Dès lors, justifie-t-elle, ’’rien d’étonnant qu’avec une telle disposition d’esprit, qu’elle eût une méfiance instinctive envers les préjugés et les scories des commentaires qui règnent sous le masque de la religion’’. ’’Elle, fille de l’islam, qui ne portait jamais de talisman, était toujours surprise d’en voir autour des reins de ses sœurs christianisées qui comme, les musulmans, avaient aussi mordu à cet hameçon. Une pratique que n’avait pu tuer aucune religion révélée’’.

’’Ma foi (en l’islam) m’a sauvée. Elle m’a sauvée de l’ennui et du désespoir’’, disait Mariama Bâ. Elle fut secrétaire générale du club Soroptimiste de Dakar (1978-1980).

’’C’est à cette religion (musulmane) qui allait être le rouage secret de toute sa vie qu’elle s’adonna, au travers de ses joies et peines. Ni la gloire, ni les vanités de la vie ne parvinrent à l’atteindre’’, écrit l’auteur de ’’Mariama Bâ ou les allées d’un destin’’ qui cite le vibrant témoignage d’Annette Mbaye D’Erneville, une autre féministe amie de la défunte écrivaine.

’’Mariam Bâ boute-en-train, espiègle, dansant, chantant, s’arrêtant tout d’un coup, s’isolant pour prier, son foulard dénoué servant de châle. Elle ne ratait jamais les obligations religieuses, quelle que fût l’ambiance’’, relate l’ancienne journaliste.

Cette dévotion valut à Mariama Bâ ’’d’effectuer plusieurs fois, avec toujours la même émotion, le pèlerinage à La Mecque’’. "Si elle était musulmane par naissance et par la grâce, elle l’était devenue par conviction dès les premières années de sa vie, au sein même du périmètre familial’’, soutient sa fille.

Par ailleurs, elle fait d’étonnantes révélations sur l’influences scolaires de sa mère : ’’Le destin de la jeune Mariama Bâ aurait dû, sans doute, s’arrêter à l’apprentissage de la tenue d’une maison, au maniement des aiguilles et du pilon, si son père n’en avait pas décidé autrement. Bien plus tard, elle devait l’interpréter, vu le contexte de l’époque (les préjugés sur la scolarisation par le colonisateur), comme un don rare du destin’’. Son père, Amadou dit Doudou Bâ Ngélé, est le premier ministre de la Santé publique et de la Population sous l’autonomie interne du Sénégal.
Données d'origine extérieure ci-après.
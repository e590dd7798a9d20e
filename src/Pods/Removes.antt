-- ===== src/Pods/Removes.antt =====
-- pkg/reconciler: which pods there are after safeDeletePodWithIndex (pod.go).
use aerospike_operator.Prelude.{
  ◌≡◌, refl, sym, subst, ap, ◌∙◌, Bool, true, false, Option, none, some, List, [], ◌∷◌, Text,
  Result, ok, err, ℤ, ok-injective,
}
use aerospike_operator.Action.{emit, ask, for_each, ◌>>=◌}
use aerospike_operator.Action.Returns.{Ends, >>=-ends}
use aerospike_operator.Api.{AerospikeCluster, ApiError, not_found, already_exists, other_error}
use aerospike_operator.Pods.Platform.{
  VolumeSource, Platform, Pod, Claim, Volume, claim_source, config_map_source, empty_dir,
}
use aerospike_operator.Pods.Api.{
  patch_claim, Api, PodAction, WatchEvent, read, write, query, from_api-eq-ok, delete_pod, info,
  migrations, migrated, event, watch_timeout, wait_for_migrations_started,
  wait_for_migrations_finished,
}
use aerospike_operator.Pods.Claims.{
  last_unmounted_on_annotation, signal_unmounted, patch_pvc, set_pvc_annotation,
}
use aerospike_operator.Pods.Delete.{
  pod_name_at, host_of, tip_clear, alumni_reset, found_pod, is_deleted, list_cluster_pods,
  get_pod_with_index, node_of, pod_has_migrations_in_progress, wait_for_migrations_to_finish_on_pod,
  run_info_command_on_pod, try_command, forget_host, wait_for_deletion, unmount, remove,
  wait_for_migrations, safe_delete, safe_delete_pod_with_index,
}
use aerospike_operator.Pods.Views.{
  Ends-if, Store, Same, Only, Still, Still->>=, Only-after, Only-then, Still-pure, Ends-raise,
  Still-lift, Still-ask, Still-read, Still-write, Still-query, Still-emit, Still-for_each,
}

module _ {p : Platform} {S : Type 0} {api : Api p S} (cluster : AerospikeCluster p.kube)
    (store : Store api cluster.namespace) where
  pub list_cluster_pods-Still : Still store (list_cluster_pods api cluster)
  unfolding list_cluster_pods
  list_cluster_pods-Still =
      Still->>= store (read (api.list_pods cluster.namespace cluster.name)) _
        (Still-read store _ (store.list_pods_keeps cluster.namespace cluster.name))
        (λ pods. Still-pure store _)

  pub get_pod_with_index-Still : (index : ℤ) → Still store (get_pod_with_index api cluster index)
  unfolding get_pod_with_index
  get_pod_with_index-Still index =
      Still->>= store (ask (api.get_pod cluster.namespace (pod_name_at cluster index))) _
        (Still-ask store _ (store.get_pod_keeps cluster.namespace (pod_name_at cluster index)))
        (λ answer. Still-lift store (found_pod answer))

  node_of-Still : (pod : Pod p) → Still store (node_of api pod)
  node_of-Still pod =
      Still->>= store (query (api.nodes pod)) _ (Still-query store _ (store.nodes_keeps pod))
        (λ names. Still-lift store _)

  pod_has_migrations_in_progress-Still :
      (pod : Pod p) → Still store (pod_has_migrations_in_progress api pod)
  unfolding pod_has_migrations_in_progress
  pod_has_migrations_in_progress-Still pod =
      Still->>= store (node_of api pod) _ (node_of-Still pod) (λ name.
        Still->>= store (query (api.migration_in_progress pod name)) _
          (Still-query store _ (store.migration_keeps pod name))
          (λ answer.
            Still->>= store (emit (migrations pod answer)) _ (Still-emit store _)
              (λ _. Still-pure store answer)))

  wait_for_migrations-Still : (pod : Pod p) (b : Bool) → Still store (wait_for_migrations api pod b)
  unfolding wait_for_migrations wait_for_migrations_to_finish_on_pod
  wait_for_migrations-Still pod false = Still-pure store tt
  wait_for_migrations-Still pod true =
      Still->>= store (emit (event wait_for_migrations_started)) _ (Still-emit store _) (λ _.
        Still->>= store (wait_for_migrations_to_finish_on_pod api pod) _
          (Still->>= store (node_of api pod) _ (node_of-Still pod) (λ name.
            Still->>= store (query (api.wait_until_migrated pod name)) _
              (Still-query store _ (store.wait_keeps pod name))
              (λ _. Still-emit store (migrated pod))))
          (λ _. Still-emit store (event wait_for_migrations_finished)))

  pub run_info_command_on_pod-Still :
      (pod : Pod p) (command : Text) → Still store (run_info_command_on_pod api pod command)
  unfolding run_info_command_on_pod
  run_info_command_on_pod-Still pod command =
      Still->>= store (emit (info pod command)) _ (Still-emit store _)
        (λ _. Still-query store (api.request_info pod command) (store.info_keeps pod command))

  try_command-Still : (pod : Pod p) (command : Text) → Still store (try_command api pod command)
  try_command-Still pod command =
      Still->>= store (emit (info pod command)) _ (Still-emit store _) (λ _.
        Still->>= store (ask (api.request_info pod command)) _
          (Still-ask store _ (store.info_keeps pod command)) (λ _. Still-pure store tt))

  forget_host-Still : (host : Text) (pod : Pod p) → Still store (forget_host api host pod)
  unfolding forget_host
  forget_host-Still host pod =
      Still->>= store (try_command api pod (tip_clear host)) _
        (try_command-Still pod (tip_clear host)) (λ _. try_command-Still pod alumni_reset)

  wait_for_deletion-Still :
      (events : List (WatchEvent p)) → Still store (wait_for_deletion api events)
  unfolding wait_for_deletion
  wait_for_deletion-Still [] = Ends-raise store (Unit {0}) (Same store) watch_timeout
  wait_for_deletion-Still (e ∷ rest) =
      Ends-if store (Same store) (is_deleted e) _ _ (Still-pure store tt)
        (wait_for_deletion-Still rest)

  signal_unmounted-Still : (claim : Claim p) → Still store (signal_unmounted api claim)
  unfolding signal_unmounted patch_pvc
  signal_unmounted-Still claim =
      Still->>= store (ask api.now) _ (Still-ask store api.now store.now_keeps) (λ now.
        let new = set_pvc_annotation claim last_unmounted_on_annotation (p.print_time now) in
        Still-write store (patch_claim claim new) (api.send_patch claim new)
          (store.send_patch_keeps claim new))

  unmount-Still : (pod : Pod p) (v : Volume) → Still store (unmount api pod v)
  unfolding unmount
  unmount-Still pod v = source v.name v.source
    where
      source :
          (name : Text) (s : VolumeSource)
          → Still store (unmount api pod (record { name = name; source = s }))
      source name (claim_source c) =
          Still->>= store (read (api.get_claim pod.namespace c)) (signal_unmounted api)
            (Still-read store (api.get_claim pod.namespace c)
              (store.get_claim_keeps pod.namespace c))
            signal_unmounted-Still
      source name (config_map_source c) = Still-pure store tt
      source name empty_dir = Still-pure store tt

  -- The pod is one of the namespace and has this name.
  abbrev pub IsNamed : Text → Pod p → Type 0
  IsNamed name pod = (pod.name ≡ name) × (pod.namespace ≡ cluster.namespace)

  delete_pod-Only :
      (name : Text) (pod : Pod p)
      → IsNamed name pod
      → Ends (Only store name false) (write (delete_pod pod) (api.remove_pod pod))
  unfolding Ends
  delete_pod-Only name pod (named, space) s u e =
      subst (λ n. Only store n false s (api.remove_pod pod s).1) named
        (store.removed pod s space (from_api-eq-ok e))

  pub remove-Only :
      (name : Text) (pod : Pod p) → IsNamed name pod → Ends (Only store name false) (remove api pod)
  unfolding remove
  remove-Only name pod is =
      Only-after store name false (for_each pod.spec.volumes (unmount api pod)) _
        (Still-for_each store pod.spec.volumes (unmount api pod) (unmount-Still pod))
        (λ _.
          Only-then store name false (write (delete_pod pod) (api.remove_pod pod)) _
            (delete_pod-Only name pod is)
            (λ _.
              Still->>= store (ask (api.watch pod)) (wait_for_deletion api)
                (Still-ask store (api.watch pod) (store.watch_keeps pod)) wait_for_deletion-Still))

  -- The pod that is found has the name, and is there; if none is found, none is there.
  abbrev pub Finds : Text → S → Option (Pod p) → Type 0
  Finds name s none = store.view s name ≡ false
  Finds name s (some pod) = (store.view s name ≡ true) × IsNamed name pod

  found_pod-Finds :
      (name : Text) (s : S) (r : Result ApiError (Pod p)) (x : Option (Pod p))
      → (api.get_pod cluster.namespace name s).0 ≡ r
      → found_pod r ≡ ok x
      → Finds name s x
  found_pod-Finds name s (ok pod) x g e =
      let (there, named, space) = store.found name s pod g in
      subst (Finds name s) (ok-injective e) (there, (named, space))
  found_pod-Finds name s (err not_found) x g e =
      subst (Finds name s) (ok-injective e) (store.missing name s g)
  found_pod-Finds name s (err already_exists) x g e = absurd (cc)
  found_pod-Finds name s (err (other_error t)) x g e = absurd (cc)

  pub get_pod_with_index-Finds :
      (index : ℤ) (s : S) (x : Option (Pod p))
      → (get_pod_with_index api cluster index s).0 ≡ ok x
      → Finds (pod_name_at cluster index) s x
  unfolding get_pod_with_index
  get_pod_with_index-Finds index s x e =
      found_pod-Finds (pod_name_at cluster index) s
        (api.get_pod cluster.namespace (pod_name_at cluster index) s).0 x refl e

  safe_delete-Only :
      (name : Text) (pod : Pod p)
      → IsNamed name pod
      → Ends (Only store name false) (safe_delete api cluster (some pod))
  unfolding safe_delete
  safe_delete-Only name pod is =
      Only-after store name false (pod_has_migrations_in_progress api pod) _
        (pod_has_migrations_in_progress-Still pod)
        (λ b.
          Only-after store name false (wait_for_migrations api pod b) _
            (wait_for_migrations-Still pod b)
            (λ _. Only-then store name false (remove api pod) _ (remove-Only name pod is) (λ _.
              Still->>= store (list_cluster_pods api cluster) _ list_cluster_pods-Still (λ pods.
                Still-for_each store pods (forget_host api (host_of cluster pod.name))
                  (forget_host-Still (host_of cluster pod.name))))))

  Finds-Same :
      (name : Text) (s t : S) (x : Option (Pod p))
      → Same store s t
      → Finds name s x
      → Finds name t x
  Finds-Same name s t none e gone = ap (λ v. v name) e ∙ gone
  Finds-Same name s t (some pod) e (there, is) = (ap (λ v. v name) e ∙ there, is)

  -- What is done with the result of a search for a pod.
  pub Finds-then :
      {A : Type 0} (T : S → S → Type 0) (index : ℤ) (f : Option (Pod p) → PodAction p S A)
      → ((s t u : S) → Same store s t → T t u → T s u)
      → ((x : Option (Pod p)) (s : S) (a : A)
          → Finds (pod_name_at cluster index) s x
          → (f x s).0 ≡ ok a
          → T s (f x s).1.1)
      → Ends T (get_pod_with_index api cluster index >>= f)
  unfolding Ends
  Finds-then T index f compose h s a e =
      let (x, got, done, same) = >>=-ends (get_pod_with_index api cluster index) f s a e in
      let t = (get_pod_with_index api cluster index s).1.1 in
      let still = get_pod_with_index-Still index s x got in
      let finds =
        Finds-Same (pod_name_at cluster index) s t x still
          (get_pod_with_index-Finds index s x got) in
      subst (T s) (sym same) (compose s t _ still (h x t a finds done))

  pub Only-Same :
      (name : Text) (b : Bool) (s t u : S)
      → Same store s t
      → Only store name b t u
      → Only store name b s u
  Only-Same name b s t u e (at, others) = (at, λ o d. others o d ∙ ap (λ v. v o) e)

  deletes :
      (name : Text) (x : Option (Pod p)) (s : S) (u : Unit {0})
      → Finds name s x
      → (safe_delete api cluster x s).0 ≡ ok u
      → Only store name false s (safe_delete api cluster x s).1.1
  unfolding safe_delete Ends
  deletes name none s u gone e = (gone, λ other d. refl)
  deletes name (some pod) s u (there, is) e = safe_delete-Only name pod is s u e

  pub safe_delete_pod_with_index-Only :
      (index : ℤ)
      → Ends
          (Only store (pod_name_at cluster index) false)
          (safe_delete_pod_with_index api cluster index)
  unfolding safe_delete_pod_with_index
  safe_delete_pod_with_index-Only index =
      let name = pod_name_at cluster index in
      Finds-then (Only store name false) index (safe_delete api cluster) (Only-Same name false)
        (deletes name)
Chez Mariama Bâ, son intelligence à l’école et son goût précoce pour les lettres lui ont valu cette boutade : ’’Un véritable Robert ambulant’’. Les écrits de ses proches en disent long sur ses brillantes études à l’école des jeunes filles de Dakar, actuelle Berthe Maubert. Sa directrice, Mme Maubert, la désigna pour préparer le concours d’entrée à la séléctive école normale des jeunes filles de Rufisque, à l’époque établissement fédéral d’Afrique occidentale française.

Major du concours en 1943, elle avait obtenu ’’219,5 points, devançant la 33-ème élève la moins bien notée, de 49 points’’, selon sa fille qui relève que ce succès fut retentissant dans Dakar faisant naître craintes et appréhensions chez la grand-mère. Celle-ci redoutait les mauvaises langues et le mauvais sort pour elle.

De l’ambiance joyeuse d’une concession dakaroise, elle rejoignit le régime imposant de l’internat, ’’une forme d’embrigadement’’ à l’Ecole normale des jeunes de Rufisque. De là, elle a gardé à jamais et propagé largement un souvenir reconnaissant de sa directrice, Germaine Le Goff, autre nom illustre dans l’histoire de l’enseignement et de la formation au Sénégal.

L’enseignement était la première et la seule vocation de Mariama Bâ. Institutrice, elle a enseigné pendant 12 ans dans différentes écoles de Dakar (Champs de course, Ngélao, Faidherbe et Médine). Pionnière de la scolarisation des filles, elle sera finalement mutée, pour raison de santé, à l’inspection primaire du Cap-Vert, comme chargée du personnel enseignant.